-- ===== src/Input/Trace/Consume.antt =====
-- `consume` settles what it fetches: every message is pending, in the database, or in a poison
-- record, and a commit only follows the write of its offset.
use market_data_backend.Prelude.{
  ℕ_eq, String, Bool, true, false, List, [], ◌∷◌, ◌≡◌, refl, ◌∙◌, ◌⊎◌, inl, inr, Bool-cases, ◌==◌,
}
use market_data_backend.Input.Types.{Message, Builders, PendingRecord, InputWorker}
use market_data_backend.Input.Status.{set_status}
use market_data_backend.Input.Prepare.{Prepared, prepared, failed, ensure_progress, prepare}
use market_data_backend.Input.Flush.{FlushAnswers, flush_batch}
use market_data_backend.Input.Consume.{
  Loop, done, Answers, Round, fetched, deadline, fetch_failed, fetch_cancelled, on_prepared,
  on_progress, take_message, switched, on_message, fetch_error, on_deadline, deadline_round, round,
  consume, finish,
}
use market_data_backend.Input.Trace.{IsJustified}
use market_data_backend.Input.Trace.Grow.{
  Grows, Grows-refl, Grows-trans, Grows-same, Settled-Extends,
}
use market_data_backend.Input.Trace.Flush.{IsOutcome, flush_batch-IsOutcome}
use market_data_backend.Input.Trace.Prepare.{ensure_progress-Grows, IsReady, prepare-IsReady}
use market_data_backend.Input.Trace.Steps.{
  Covered, IsStep, halted-IsStep, running-IsStep, IsStep-after, rejected-IsStep, accept-IsStep,
}

-- The message is the one in hand, or covered already.
abbrev Taken : Message → List PendingRecord → InputWorker → Message → Type 0
Taken msg pending v m = (msg ≡ m) ⊎ Covered m pending v

Taken-Grows :
    (msg m : Message) (pending : List PendingRecord) (v w : InputWorker)
    → Grows v w
    → Taken msg pending v m
    → Taken msg pending w m
Taken-Grows msg m pending v w g (inl e) = inl e
Taken-Grows msg m pending v w g (inr (inl inside)) = inr (inl inside)
Taken-Grows msg m pending v w g (inr (inr s)) = inr (inr (Settled-Extends m g.extends s))

on_prepared-IsStep :
    (v : InputWorker) (pending : List PendingRecord) (msg : Message) (r : InputWorker × Prepared)
    (a : Answers)
    → IsReady v msg r
    → IsStep v (a.poison_write ≡ done) (Taken msg pending v) (on_prepared r pending msg a)
on_prepared-IsStep v pending msg (w, prepared r) a ready =
    IsStep-after v w (a.poison_write ≡ done) (Taken r.msg pending w) (Taken msg pending v) _
      ready.grows
      (λ m t. elim (Taken-Grows msg m pending v w ready.grows t) [
        | inl e ↦ inl (ready.stands ∙ e)
        | inr c ↦ inr c
      ])
      (accept-IsStep w (a.poison_write ≡ done) pending r a.full)
on_prepared-IsStep v pending msg (w, failed stage message) a ready =
    IsStep-after v w (a.poison_write ≡ done) (Taken msg pending w) (Taken msg pending v) _
      ready.grows (λ m. Taken-Grows msg m pending v w ready.grows)
      (rejected-IsStep w pending (flush_batch w pending a.early) msg stage message a
        (flush_batch-IsOutcome w pending a.early))

on_progress-IsStep :
    (b : Builders) (v : InputWorker) (pending : List PendingRecord) (msg : Message)
    (r : InputWorker × Bool) (a : Answers)
    → Grows v r.0
    → IsStep v (a.poison_write ≡ done) (Taken msg pending v) (on_progress b r pending msg a)
on_progress-IsStep b v pending msg (w, true) a g =
    IsStep-after v w (a.poison_write ≡ done) (Taken msg pending w) (Taken msg pending v) _ g
      (λ m. Taken-Grows msg m pending v w g)
      (on_prepared-IsStep w pending msg (prepare b w msg) a (prepare-IsReady b w msg))
on_progress-IsStep b v pending msg (w, false) a g =
    halted-IsStep v (a.poison_write ≡ done) (Taken msg pending v) w pending g

take_message-IsStep :
    (b : Builders) (v : InputWorker) (pending : List PendingRecord) (msg : Message) (a : Answers)
    → IsStep v (a.poison_write ≡ done) (Taken msg pending v) (take_message b v pending msg a)
unfolding take_message
take_message-IsStep b v pending msg a =
    on_progress-IsStep b v pending msg (ensure_progress v msg.partition a.loads) a
      (ensure_progress-Grows v msg.partition a.loads)

switched-IsStep :
    (b : Builders) (v : InputWorker) (pending : List PendingRecord) (msg : Message)
    (r : InputWorker × Bool) (a : Answers)
    → IsOutcome v pending r
    → IsStep v (a.poison_write ≡ done) (Taken msg pending v) (switched b r pending msg a)
switched-IsStep b v pending msg (w, false) a o =
    halted-IsStep v (a.poison_write ≡ done) (Taken msg pending v) w pending o.grows
switched-IsStep b v pending msg (w, true) a o =
    IsStep-after v w (a.poison_write ≡ done) (Taken msg [] w) (Taken msg pending v) _ o.grows
      (λ m t. elim (Taken-Grows msg m pending v w o.grows t) [
        | inl e ↦ inl e
        | inr (inl inside) ↦ inr (inr (o.settles refl m inside))
        | inr (inr s) ↦ inr (inr s)
      ])
      (take_message-IsStep b w [] msg a)

on_message-IsStep :
    (b : Builders) (v : InputWorker) (pending : List PendingRecord) (msg : Message) (a : Answers)
    → IsStep v (a.poison_write ≡ done) (Taken msg pending v) (on_message b v pending msg a)
unfolding on_message
on_message-IsStep b v [] msg a = take_message-IsStep b v [] msg a
on_message-IsStep b v (r ∷ rs) msg a = elim (Bool-cases (r.msg.partition == msg.partition)) [
  | inl same ↦ rw same (take_message-IsStep b v (r ∷ rs) msg a)
  | inr other ↦ rw other (
      switched-IsStep b v (r ∷ rs) msg (flush_batch v (r ∷ rs) a.switch) a
        (flush_batch-IsOutcome v (r ∷ rs) a.switch))
]

fetch_error-IsStep :
    (v : InputWorker) (P : Type 0) (pending : List PendingRecord) (e : String)
    → IsStep v P (λ m. Covered m pending v) (fetch_error v pending e)
unfolding set_status
fetch_error-IsStep v P pending e =
    running-IsStep v P (λ m. Covered m pending v) _ pending (Grows-same v _ refl refl) (λ _ m c. c)

on_deadline-IsStep :
    (v : InputWorker) (P : Type 0) (pending : List PendingRecord) (r : InputWorker × Bool)
    → IsOutcome v pending r
    → IsStep v P (λ m. Covered m pending v) (on_deadline r pending)
on_deadline-IsStep v P pending (w, true) o = running-IsStep v P _ w [] o.grows λ _ m c. elim c [
  | inl inside ↦ inr (o.settles refl m inside)
  | inr s ↦ inr (Settled-Extends m o.grows.extends s)
]
on_deadline-IsStep v P pending (w, false) o =
    running-IsStep v P _ w pending o.grows λ _ m c. elim c [
      | inl inside ↦ inl inside
      | inr s ↦ inr (Settled-Extends m o.grows.extends s)
    ]

deadline_round-IsStep :
    (v : InputWorker) (P : Type 0) (pending : List PendingRecord) (e : String) (a : FlushAnswers)
    → IsStep v P (λ m. Covered m pending v) (deadline_round v pending e a)
unfolding deadline_round
deadline_round-IsStep v P [] e a = fetch_error-IsStep v P [] e
deadline_round-IsStep v P (r ∷ rs) e a =
    on_deadline-IsStep v P (r ∷ rs) (flush_batch v (r ∷ rs) a) (flush_batch-IsOutcome v (r ∷ rs) a)

drop_left : {A : Type 0} → ⊥ ⊎ A → A
drop_left (inl nothing) = absurd nothing
drop_left (inr x) = x

-- The round fetched the message.
abbrev pub Fetches : Message → Round → Type 0
Fetches m (fetched msg a) = msg ≡ m
Fetches m (deadline e a) = ⊥
Fetches m (fetch_failed e) = ⊥
Fetches m fetch_cancelled = ⊥

-- The round stores its message as a poison record, if it has to.
abbrev pub StoresPoison : Round → Type 0
StoresPoison (fetched msg a) = a.poison_write ≡ done
StoresPoison (deadline e a) = Unit
StoresPoison (fetch_failed e) = Unit
StoresPoison fetch_cancelled = Unit

abbrev pub Fetched : Message → List Round → Type 0
Fetched m [] = ⊥
Fetched m (r ∷ rs) = Fetches m r ⊎ Fetched m rs

abbrev pub AllStorePoison : List Round → Type 0
AllStorePoison [] = Unit
AllStorePoison (r ∷ rs) = StoresPoison r × AllStorePoison rs

round-IsStep :
    (b : Builders) (v : InputWorker) (pending : List PendingRecord) (r : Round)
    → IsStep v (StoresPoison r) (λ m. Fetches m r ⊎ Covered m pending v) (round b v pending r)
unfolding round
round-IsStep b v pending (fetched msg a) = on_message-IsStep b v pending msg a
round-IsStep b v pending (deadline e a) =
    IsStep-after v v Unit (λ m. Covered m pending v) _ (deadline_round v pending e a) (Grows-refl v)
      (λ m. drop_left) (deadline_round-IsStep v Unit pending e a)
round-IsStep b v pending (fetch_failed e) =
    IsStep-after v v Unit (λ m. Covered m pending v) _ (fetch_error v pending e) (Grows-refl v)
      (λ m. drop_left) (fetch_error-IsStep v Unit pending e)
round-IsStep b v pending fetch_cancelled =
    halted-IsStep v Unit (λ m. ⊥ ⊎ Covered m pending v) v pending (Grows-refl v)

consume-Grows :
    (b : Builders) (l : Loop) (rounds : List Round) → Grows l.worker (consume b l rounds).worker
unfolding consume
consume-Grows b l [] = Grows-refl l.worker
consume-Grows b l (r ∷ rs) = elim (Bool-cases l.stopped) [
  | inl stopped ↦ rw stopped (Grows-refl l.worker)
  | inr goes_on ↦ rw goes_on (
      Grows-trans (round-IsStep b l.worker l.pending r).grows
        (consume-Grows b (round b l.worker l.pending r) rs))
]

-- Whatever is fetched and whatever the database and the broker answer, the loop and the flush of a
-- graceful stop keep the trace justified: an offset is committed only after the database holds a
-- batch whose progress is that very offset of that partition, or a poison record of it, and every
-- batch in the database holds all trades, bars and deltas of its records, in their order.
pub finish-IsJustified :
    (b : Builders) (l : Loop) (rounds : List Round) (a : FlushAnswers)
    → IsJustified l.worker.log
    → IsJustified (finish (consume b l rounds) a).worker.log
unfolding finish
finish-IsJustified b l rounds a h =
    let stopped = consume b l rounds in
    let kept = (consume-Grows b l rounds).justified h in
    elim (Bool-cases stopped.worker.flush_on_stop) [
      | inl flushes ↦
          rw flushes ((flush_batch-IsOutcome stopped.worker stopped.pending a).grows.justified kept)
      | inr leaves ↦ rw leaves kept
    ]

consume-goes_on :
    (b : Builders) (l : Loop) (rounds : List Round)
    → (consume b l rounds).stopped ≡ false
    → l.stopped ≡ false
unfolding consume
consume-goes_on b l [] goes = goes
consume-goes_on b l (r ∷ rs) goes = elim (Bool-cases l.stopped) [
  | inl stopped ↦ stays stopped goes
  | inr running_ ↦ running_
]
  where
    stays : l.stopped ≡ true → (consume b l (r ∷ rs)).stopped ≡ false → l.stopped ≡ false
    stays e = rw e (λ h. absurd (cc h))

covered :
    (b : Builders) (w : InputWorker) (pending : List PendingRecord) (stopped : Bool)
    (rounds : List Round)
    → AllStorePoison rounds
    → (consume b (record { worker = w; pending = pending; stopped = stopped }) rounds).stopped
      ≡ false
    → (m : Message) → Fetched m rounds ⊎ Covered m pending w
    → Covered m
        (consume b (record { worker = w; pending = pending; stopped = stopped }) rounds).pending
        (consume b (record { worker = w; pending = pending; stopped = stopped }) rounds).worker
unfolding consume
covered b w pending stopped [] stores goes m f = drop_left f
covered b w pending true (r ∷ rs) stores goes m f = absurd (cc goes)
covered b w pending false (r ∷ rs) (now, later) goes m f =
    let l = round b w pending r in
    covered b l.worker l.pending l.stopped rs later goes m (elim f [
      | inl (inl now_) ↦ inr (keep m (inl now_))
      | inl (inr later_) ↦ inl later_
      | inr c ↦ inr (keep m (inr c))
    ])
  where
    keep :
        (m : Message)
        → Fetches m r ⊎ Covered m pending w
        → Covered m (round b w pending r).pending (round b w pending r).worker
    keep m =
        (round-IsStep b w pending r).keeps now (consume-goes_on b (round b w pending r) rs goes) m

-- No message is lost while the loop goes on, provided that every poison record that has to be
-- written is written: what was fetched waits in the batch, or its record is in a batch in the
-- database, or a poison record of its partition and offset is; what was covered before stays so.
pub consume-Covered :
    (b : Builders) (l : Loop) (rounds : List Round)
    → AllStorePoison rounds
    → (consume b l rounds).stopped ≡ false
    → (m : Message) → Fetched m rounds ⊎ Covered m l.pending l.worker
    → Covered m (consume b l rounds).pending (consume b l rounds).worker
consume-Covered b l rounds stores goes m f =
    covered b l.worker l.pending l.stopped rounds stores goes m f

- _WORK ORDER_: Give back exactly the lines above, from the line containing "(take_message-IsStep b w [] msg a)" through the line containing "deadline_round-IsStep v P []", with both end lines and nothing more.

- _RESULT FOR THIS EXERCISE_:
      (take_message-IsStep b w [] msg a)

on_message-IsStep :
    (b : Builders) (v : InputWorker) (pending : List PendingRecord) (msg : Message) (a : Answers)
    → IsStep v (a.poison_write ≡ done) (Taken msg pending v) (on_message b v pending msg a)
unfolding on_message
on_message-IsStep b v [] msg a = take_message-IsStep b v [] msg a
on_message-IsStep b v (r ∷ rs) msg a = elim (Bool-cases (r.msg.partition == msg.partition)) [
  | inl same ↦ rw same (take_message-IsStep b v (r ∷ rs) msg a)
  | inr other ↦ rw other (
      switched-IsStep b v (r ∷ rs) msg (flush_batch v (r ∷ rs) a.switch) a
        (flush_batch-IsOutcome v (r ∷ rs) a.switch))
]

fetch_error-IsStep :
    (v : InputWorker) (P : Type 0) (pending : List PendingRecord) (e : String)
    → IsStep v P (λ m. Covered m pending v) (fetch_error v pending e)
unfolding set_status
fetch_error-IsStep v P pending e =
    running-IsStep v P (λ m. Covered m pending v) _ pending (Grows-same v _ refl refl) (λ _ m c. c)

on_deadline-IsStep :
    (v : InputWorker) (P : Type 0) (pending : List PendingRecord) (r : InputWorker × Bool)
    → IsOutcome v pending r
    → IsStep v P (λ m. Covered m pending v) (on_deadline r pending)
on_deadline-IsStep v P pending (w, true) o = running-IsStep v P _ w [] o.grows λ _ m c. elim c [
  | inl inside ↦ inr (o.settles refl m inside)
  | inr s ↦ inr (Settled-Extends m o.grows.extends s)
]
on_deadline-IsStep v P pending (w, false) o =
    running-IsStep v P _ w pending o.grows λ _ m c. elim c [
      | inl inside ↦ inl inside
      | inr s ↦ inr (Settled-Extends m o.grows.extends s)
    ]

deadline_round-IsStep :
    (v : InputWorker) (P : Type 0) (pending : List PendingRecord) (e : String) (a : FlushAnswers)
    → IsStep v P (λ m. Covered m pending v) (deadline_round v pending e a)
unfolding deadline_round
deadline_round-IsStep v P [] e a = fetch_error-IsStep v P [] e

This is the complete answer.